The Azanian People's Liberation Army's military decorations and medals were modelled on those of the South African Defence Force and these three decorations are the approximate equivalents of, respectively, the Southern Cross Decoration and Pro Merito Decoration, the Southern Cross Medal (1975) and Pro Merito Medal (1975), and the Military Merit Medal.

==Award criteria==
The decoration could be awarded to veteran cadres of the Azanian People's Liberation Army for outstanding service and utmost devotion to duty during the "struggle".

==Order of wear==

The position of the Gold Decoration for Merit in the official military and national orders of precedence was revised upon the institution of a new set of honours on 27 April 2003.

- Azanian People's Liberation Army

- Official APLA order of precedence:
  - Preceded by the Star for Conspicuous Leadership (SCL).
  - Succeeded by the Silver Medal for Merit (SMM).

- South African National Defence Force until 26 April 2003

- Official SANDF order of precedence:
  - Preceded by the Decoration for Merit in Gold (DMG) of Umkhonto we Sizwe.
  - Succeeded by the Van Riebeeck Medal (VRM) of the Republic of South Africa.
- Official national order of precedence:
  - Preceded by the Decoration for Merit in Gold (DMG) of Umkhonto we Sizwe.
  - Succeeded by the Order of the Star of South Africa Class IV, Officer (OSSA) of the Republic of South Africa.

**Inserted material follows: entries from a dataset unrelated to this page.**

-- ===== src/Client/Tests/Interleaving.antt =====
-- The theorem about interleaved sends, at a send that begins while another one waits for its answer.
use clickman.Base.{◌≡◌, refl, true, [], ◌∷◌}
use clickman.Base.Text.{text}
use clickman.Client.Clock.{unix_millis, millis, rfc3339_millis}
use clickman.Base.Int.{pos, saturating_sub}
use clickman.Client.Queue.{Batch, forced, insert, payload, take_batch}
use clickman.Client.Store.{Database}
use clickman.Client.Sender.{Attempt}
use clickman.Client.Sender.Threads.{
  Posted, System, begin, conclude, Reach, here, next, begins, concludes, writes,
}
use clickman.Client.Sender.Threads.Serial.{IsSerial}
use clickman.Client.Sender.Threads.Reached.{Reach-IsSerial}
use clickman.Client.Tests.{config, platform, float}
use clickman.Client.Tests.Sending.{attempt_with, world}

abbrev began : System float
began =
    begin platform float config forced (attempt_with 202) (record { world = world; posted = [] })

abbrev batch : Batch
batch = record { last_seq = 3; bodies = text "{}" ∷ text "{}" ∷ text "{}" ∷ [] }

abbrev call : Posted float
call = record {
  batch = batch;
  body = payload batch (rfc3339_millis (platform.civil (pos 5_000_000_000)));
  attempt = attempt_with 202;
}

-- A second send meanwhile, then another event, then the answer.
abbrev second : System float
second = begin platform float config forced (attempt_with 503) began

abbrev tracked : System float
tracked = record second {
  world = record second.world { database = insert (pos 1) (text "{}") second.world.database };
}

abbrev ended : System float
ended = record { world = conclude platform float config true call tracked.world; posted = [] }

only_one : tracked.posted ≡ call ∷ []
unfolding begin take_batch saturating_sub unix_millis millis
only_one = refl

-- The sends are those of that moment, and the writes insert an event.
abbrev Now : Attempt float → Type 0
Now attempt = attempt.now ≡ pos 5_000_000_000

abbrev Inserts : (Database → Database) → Type 0
Inserts change = change ≡ insert (pos 1) (text "{}")

ended-Reach : Reach platform float config Now Inserts (record { world = world; posted = [] }) ended
ended-Reach =
    next
      (next
        (next (next here (begins forced (attempt_with 202) refl))
          (begins forced (attempt_with 503) refl))
        (writes (insert (pos 1) (text "{}")) refl))
      (concludes true [] [] call only_one)

Reach-IsSerial_example : IsSerial platform float config Now Inserts world ended
Reach-IsSerial_example =
    Reach-IsSerial platform float config Now Inserts world ended refl ended-Reach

- South African National Defence Force from 27 April 2003

- Official SANDF order of precedence:
  - Preceded by the Decoration for Merit in Gold (DMG) of Umkhonto we Sizwe.
  - Succeeded by the iPhrothiya yeGolide (PG) of the Republic of South Africa.
- Official national order of precedence:
  - Preceded by the Decoration for Merit in Gold (DMG) of Umkhonto we Sizwe.
  - Succeeded by the iPhrothiya yeGolide (PG) of the Republic of South Africa.

==Description==
- Obverse
The Gold Decoration for Merit is a silver-gilt straight armed cross with indented ends, which fits in a circle with a diameter of 38 millimetres. The arms of the cross are in white enamel, with the Azanian People's Liberation Army emblem in a dark blue enameled roundel in the centre.

- Ribbon
The ribbon is 32 millimetres wide and dark blue, with two 6 millimetres wide yellow bands in the centre, spaced 4 millimetres apart.

==Discontinuation==
Conferment of the Gold Decoration for Merit was discontinued upon the institution of a new set of honours on 27 April 2003.